Architecture¶
TorchEBM is organised around a small set of base classes (BaseModel, BaseSampler, BaseLoss, BaseIntegrator, BaseInterpolant). Everything else is composition: a loss uses a sampler, a sampler uses an integrator, an integrator steps a field derived from a model.
Package layout¶
Mirror this layout under tests/ when adding tests.
Core abstractions¶
| Base class | Contract | Notable subclasses |
|---|---|---|
BaseModel | forward(x) -> energy or score/velocity | GaussianEnergy, MLP2D, transformers |
BaseSampler | sample(x=None, dim, n_steps, n_samples, …) | LangevinDynamics, HMC, FlowSampler |
BaseIntegrator | One numerical step of an ODE/SDE | Leapfrog, EulerMaruyama, DOPRI5 |
BaseLoss | forward(x, *args, **kw) -> scalar | ScoreMatching, ContrastiveDivergence, EquilibriumMatching |
BaseInterpolant | interpolate(x0, x1, t) -> (xt, ut) | Linear, Cosine, VariancePreserving |
DeviceMixin | self.device, self.dtype, autocast_context() | used by everything above |
Every component exposed through torchebm.*.__init__ is auto-discovered by the benchmark suite (see Benchmarking).
How the pieces compose¶
Training wiring depends on the loss family. Two patterns cover everything in the library:
graph LR
data[x1] --> loss
noise["x0 ~ N(0,I)"] --> interp[interpolant]
data --> interp
interp -- xt, target --> loss
model --> loss
loss -- grad --> opt[optimizer]
opt --> model Score matching, equilibrium matching, and flow matching compute their target from data plus a noise / interpolation step. No sampler runs during training. Samplers are only used at generation time. graph LR
data[data x] --> loss
model --> sampler
sampler -- negatives --> loss
loss -- grad --> opt[optimizer]
opt --> model Contrastive divergence and its variants draw negatives from the current model via a sampler (e.g. LangevinDynamics, HMC) every step. graph LR
model2[trained model] --> sampler2[sampler]

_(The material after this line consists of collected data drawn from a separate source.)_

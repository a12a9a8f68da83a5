-- ===== src/Army/Complete.antt =====
-- workers/small_map_worker/_army_build_queue_manager.cpp: `completeAtOnce`, `getCampInfo` and the
-- destructor, and the loop over what happens to one player's camps.
use cpp_framework.Prelude.{
  widen, int_mul, int_sub, int_div, ℕ, ◌+◌, ◌-◌, ◌%◌, ◌^◌, zero, suc, Bool, true, false, none, some,
  List, [], ◌∷◌, ◌++◌, bytes_key, Bytes, Dict, lookup, if◌then◌else◌, leb, ltb,
}
use cpp_framework.Router.Fault.{Fault, Result, ok, ◌>>=◌, or_fault}
use cpp_framework.Army.State.{
  SoldierInfoRequest, Operation, Time, TimerQueue, Soldier, Response, Game, Player, plus, arms_at,
  store_camp, send_to_player,
}
use cpp_framework.Army.Queue.{
  cancel_timer, insert_to_builded, write_into_redis, add_soldiers, del_soldiers, time_is_up,
}

-- `(now - begin).seconds()`: the seconds that do not make a whole minute.
unfoldable pub seconds_since : ℕ → ℕ → Time → ℕ
seconds_since special now none = special
seconds_since special now (some t) =
    if leb t now then (now - t) % 60 else (2 ^ 32 - (t - now) % 60) % 2 ^ 32

-- The rounds of `for (int i = 0; i < soldier_num; i++)`.
unfoldable pub rounds : ℕ → ℕ
rounds soldier_num = if ltb soldier_num (2 ^ 15) then soldier_num else 0

module _ {Db : Type 0} (g : Game Db) (now : ℕ) where
  unfoldable pub build_total_second : List SoldierInfoRequest → ℕ → Result ℕ
  build_total_second [] total = ok total
  build_total_second (sir ∷ rest) total =
      or_fault Fault.bad_iterator (arms_at g sir.soldier_type sir.soldier_level) >>= λ a.
      build_total_second rest ((total + int_mul (widen sir.soldier_num) a.build_time) % 2 ^ 32)

  unfoldable pub diamonds : TimerQueue → ℕ → ℕ
  diamonds tq total =
      let accelerate_time =
        int_sub total (seconds_since g.special_seconds now tq.begin_build_time) in
      (int_div accelerate_time 300 + 1) % 2 ^ 32

  -- One entry's soldiers; the first that is refused ends the loop.
  unfoldable pub build_soldiers : ℕ → SoldierInfoRequest → Player Db → List Soldier × Player Db
  build_soldiers zero sir p = ([], p)
  build_soldiers (suc n) sir p =
      let r = insert_to_builded g now sir.soldier_type sir.soldier_level p in
      let rest = build_soldiers n sir r.1 in
      elim r.0 [
        | none ↦ ([], r.1)
        | some soldier_id ↦ (
          record { category = sir.soldier_type; level = sir.soldier_level; sid = soldier_id }
              ∷ rest.0,
          rest.1,
        )
      ]

  unfoldable pub build_all : List SoldierInfoRequest → Player Db → List Soldier × Player Db
  build_all [] p = ([], p)
  build_all (sir ∷ queue) p =
      let r = build_soldiers (rounds sir.soldier_num) sir p in
      let rest = build_all queue r.1 in (r.0 ++ rest.0, rest.1)

  unfoldable pub cleared : TimerQueue → TimerQueue
  cleared tq = record (cancel_timer tq) {
    armys_queue = [];
    begin_build_time = some now;
    is_block = false;
  }

  unfoldable pub pay : Bytes → TimerQueue → ℕ → Bool × Db → Player Db → Player Db
  unfolding cleared
  pay which_camp tq diamond_to_sub (false, db) p =
      send_to_player (Response.complete_response which_camp 0 []) (record p { db = db })
  pay which_camp tq diamond_to_sub (true, db) p =
      let r = build_all tq.armys_queue (record p { db = db }) in
      send_to_player (Response.complete_response which_camp diamond_to_sub r.0)
        (write_into_redis g now which_camp (cleared tq) (store_camp which_camp (cleared tq) r.1))

  unfoldable pub complete_in : Bytes → TimerQueue → Player Db → Result (Player Db)
  unfolding pay
  complete_in which_camp tq p = build_total_second tq.armys_queue 0 >>= λ total.
      ok (pay which_camp tq (diamonds tq total) (g.sub_diamond (diamonds tq total) p.db) p)

  -- A camp that is not there ends the call.
  unfoldable pub complete_at_once : Bytes → Player Db → Result (Player Db)
  complete_at_once which_camp p = elim (lookup which_camp p.camp_queue) [
    | none ↦ ok p
    | some tq ↦ complete_in which_camp tq p
  ]

  unfoldable pub get_soldiers_vector : List SoldierInfoRequest → List (ℕ × ℕ × ℕ)
  get_soldiers_vector [] = []
  get_soldiers_vector (sir ∷ rest) =
      (sir.soldier_type, sir.soldier_level, sir.soldier_num) ∷ get_soldiers_vector rest

  remaining : Time → ℕ
  remaining none = g.special_seconds
  remaining (some t) =
      if leb now t then (t - now) % 2 ^ 32 else (2 ^ 32 - (now - t) % 2 ^ 32) % 2 ^ 32

  -- `time_remain`, for a camp that is there.
  unfoldable pub time_remain : TimerQueue → Result ℕ
  unfolding remaining
  time_remain tq = elim tq.armys_queue [
    | [] ↦ ok 0
    | sir ∷ rest ↦
        if tq.is_block
        then ok 0
        else or_fault Fault.bad_iterator (arms_at g sir.soldier_type sir.soldier_level) >>= λ a.
            ok (remaining (plus tq.begin_build_time a.build_time))
  ]

  unfoldable pub camp_infos : Dict Bytes TimerQueue → Result (Dict Bytes (List (ℕ × ℕ × ℕ) × ℕ))
  camp_infos [] = ok []
  camp_infos ((camp, tq) ∷ rest) = time_remain tq >>= λ time.
      camp_infos rest >>= λ infos. ok ((camp, (get_soldiers_vector tq.armys_queue, time)) ∷ infos)

  unfoldable pub get_camp_info : Player Db → Result (Player Db)
  get_camp_info p =
      camp_infos p.camp_queue >>= λ infos. ok (send_to_player (Response.camp_info_response infos) p)

  -- The destructor: every timer is cancelled and every queue is written.
  unfoldable pub save_camps : Dict Bytes TimerQueue → Player Db → Player Db
  save_camps [] p = p
  save_camps ((camp, tq) ∷ rest) p =
      save_camps rest
        (write_into_redis g now camp (cancel_timer tq) (store_camp camp (cancel_timer tq) p))

-- What happens to a player's camps, each with what the clock says.
pub data Event : Type 0 where
  requests : SoldierInfoRequest → Event
  completes : Bytes → Event
  time_up : Bytes → Event
  asks : Event

module _ {Db : Type 0} (g : Game Db) where
  -- `requestProcess`, for a player who has queues.
  unfoldable pub request_process :
      ℕ → Operation → SoldierInfoRequest → Player Db → Result (Player Db)
  request_process now Operation.add info p = add_soldiers g now info p
  request_process now Operation.del info p = del_soldiers g now info p
  request_process now Operation.nothing info p = ok p

  unfoldable pub handle : ℕ → Event → Player Db → Result (Player Db)
  handle now (Event.requests info) p = request_process now info.operation info p
  handle now (Event.completes camp) p = complete_at_once g now camp p
  handle now (Event.time_up camp) p = time_is_up g now camp p
  handle now Event.asks p = get_camp_info g now p

  unfoldable pub run_player : List (ℕ × Event) → Player Db → Result (Player Db)
  run_player [] p = ok p
  run_player ((now, event) ∷ events) p = handle now event p >>= λ p'. run_player events p'
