-- ===== src/Army/Reload.antt =====
-- workers/small_map_worker/_army_build_queue_manager.cpp: `newTimerQueueFromRedis`. The text of redis is
-- taken apart before: the entries are those of the loop, in its order.
pub mod Counts
use cpp_framework.Prelude.{
  ℕ, zero, suc, ◌+◌, ◌^◌, Bool, true, false, ◌||◌, Option, none, some, List, [], ◌∷◌, ◌==◌, nat_key,
  bytes_key, Bytes, assign, if◌then◌else◌, ltb,
}
use cpp_framework.Router.Fault.{Fault, Result, ok, ◌>>=◌, or_fault}
use cpp_framework.Army.State.{
  SoldierInfoRequest, TimerQueue, Arms, Game, Player, new_timer_queue, is_empty, arms_at,
}
use cpp_framework.Army.Queue.{push_back, register_time, insert_to_builded}

-- `td` is the time from `begun` to now; `insert_directly` is `mark_insert_directly`.
pub record Reload (Db : Type 0) : Type 0 where
  pub begun : ℕ
  pub insert_directly : Bool
  pub tq : TimerQueue
  pub player : Player Db

-- The rounds of `for (; soldier_num >= 0;)`: one more than the soldiers.
unfoldable pub reload_rounds : ℕ → ℕ
reload_rounds soldier_num = if ltb soldier_num (2 ^ 15) then suc soldier_num else 0

module _ {Db : Type 0} (g : Game Db) (now : ℕ) where
  -- The entry is not due yet: its timer starts.
  unfoldable pub wait_for : SoldierInfoRequest → Reload Db → Result (Reload Db)
  wait_for sir r = do
    tq ← register_time g now (some r.begun) 0 (push_back sir r.tq)
    ok (record r { insert_directly = true; tq = tq })

  -- Where there is no room for a soldier the rest of the entry waits.
  unfoldable pub after_insert :
      SoldierInfoRequest
      → Option ℕ × Player Db
      → Reload Db
      → (Reload Db → Result (Reload Db))
      → Result (Reload Db)
  after_insert left (none, p) r next = ok (record r {
    insert_directly = true;
    tq = push_back left (record (r.tq) { is_block = true });
    player = p;
  })
  after_insert left (some soldier_id, p) r next =
      next (record r { tq = record (r.tq) { is_block = false }; player = p })

  unfoldable pub reload_soldier :
      SoldierInfoRequest → Arms → Reload Db → (Reload Db → Result (Reload Db)) → Result (Reload Db)
  reload_soldier left a r next =
      if ltb now (r.begun + a.build_time)
      then wait_for left r
      else after_insert left (insert_to_builded g now left.soldier_type left.soldier_level r.player)
          (record r { begun = r.begun + a.build_time }) next

  unfoldable pub reload_soldiers : ℕ → SoldierInfoRequest → Reload Db → Result (Reload Db)
  reload_soldiers zero sir r = ok r
  reload_soldiers (suc n) sir r =
      or_fault Fault.bad_iterator (arms_at g sir.soldier_type sir.soldier_level) >>= λ a.
      reload_soldier (record sir { soldier_num = n }) a r (reload_soldiers n sir)

  unfoldable pub reload_entry : SoldierInfoRequest → Reload Db → Result (Reload Db)
  reload_entry sir r =
      if (sir.soldier_type == 0) || ((sir.soldier_level == 0) || (sir.soldier_num == 0))
      then ok r
      else if r.insert_directly
      then ok (record r { tq = push_back sir r.tq })
      else reload_soldiers (reload_rounds sir.soldier_num) sir r

  unfoldable pub reload_entries : List SoldierInfoRequest → Reload Db → Result (Reload Db)
  reload_entries [] r = ok r
  reload_entries (sir ∷ entries) r = reload_entry sir r >>= λ t. reload_entries entries t

  unfoldable pub reload_end : TimerQueue → Result TimerQueue
  reload_end tq = if tq.is_block then register_time g now (some now) 30 tq else ok tq

  -- The time of redis, whether the camp is blocked, and its entries.
  unfoldable pub new_timer_queue_from_redis :
      Bytes → ℕ → Bool → List SoldierInfoRequest → Player Db → Result (Player Db)
  new_timer_queue_from_redis camp_id last is_block entries p =
      let start : Reload Db = record {
        begun = last;
        insert_directly = is_block;
        tq = record new_timer_queue { is_block = is_block };
        player = p;
      } in
      if is_empty camp_id
      then ok p
      else reload_entries entries start >>= λ r. reload_end r.tq >>= λ tq.
          ok (record (r.player) { camp_queue = assign camp_id tq (r.player).camp_queue })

sampler2 --> samples[x ~ p] A sampler drives a field derived from the trained model through an integrator to produce samples. Swapping any one piece (e.g. replacing EulerMaruyama with Heun inside LangevinDynamics) does not require touching the others.
Time conditioning¶
Not all objectives condition the model on \( t \). The distinction matters when wiring components:
- EquilibriumMatching: time-invariant. The loss passes \( x_t \) only; the model receives no time input.
- FlowSampler / score-matching with diffusion: time-conditional. The field is \( v(x, t) \); the sampler feeds \( t \) every step.
See torchebm/losses/equilibrium_matching.py and torchebm/samplers/flow.py for the reference patterns.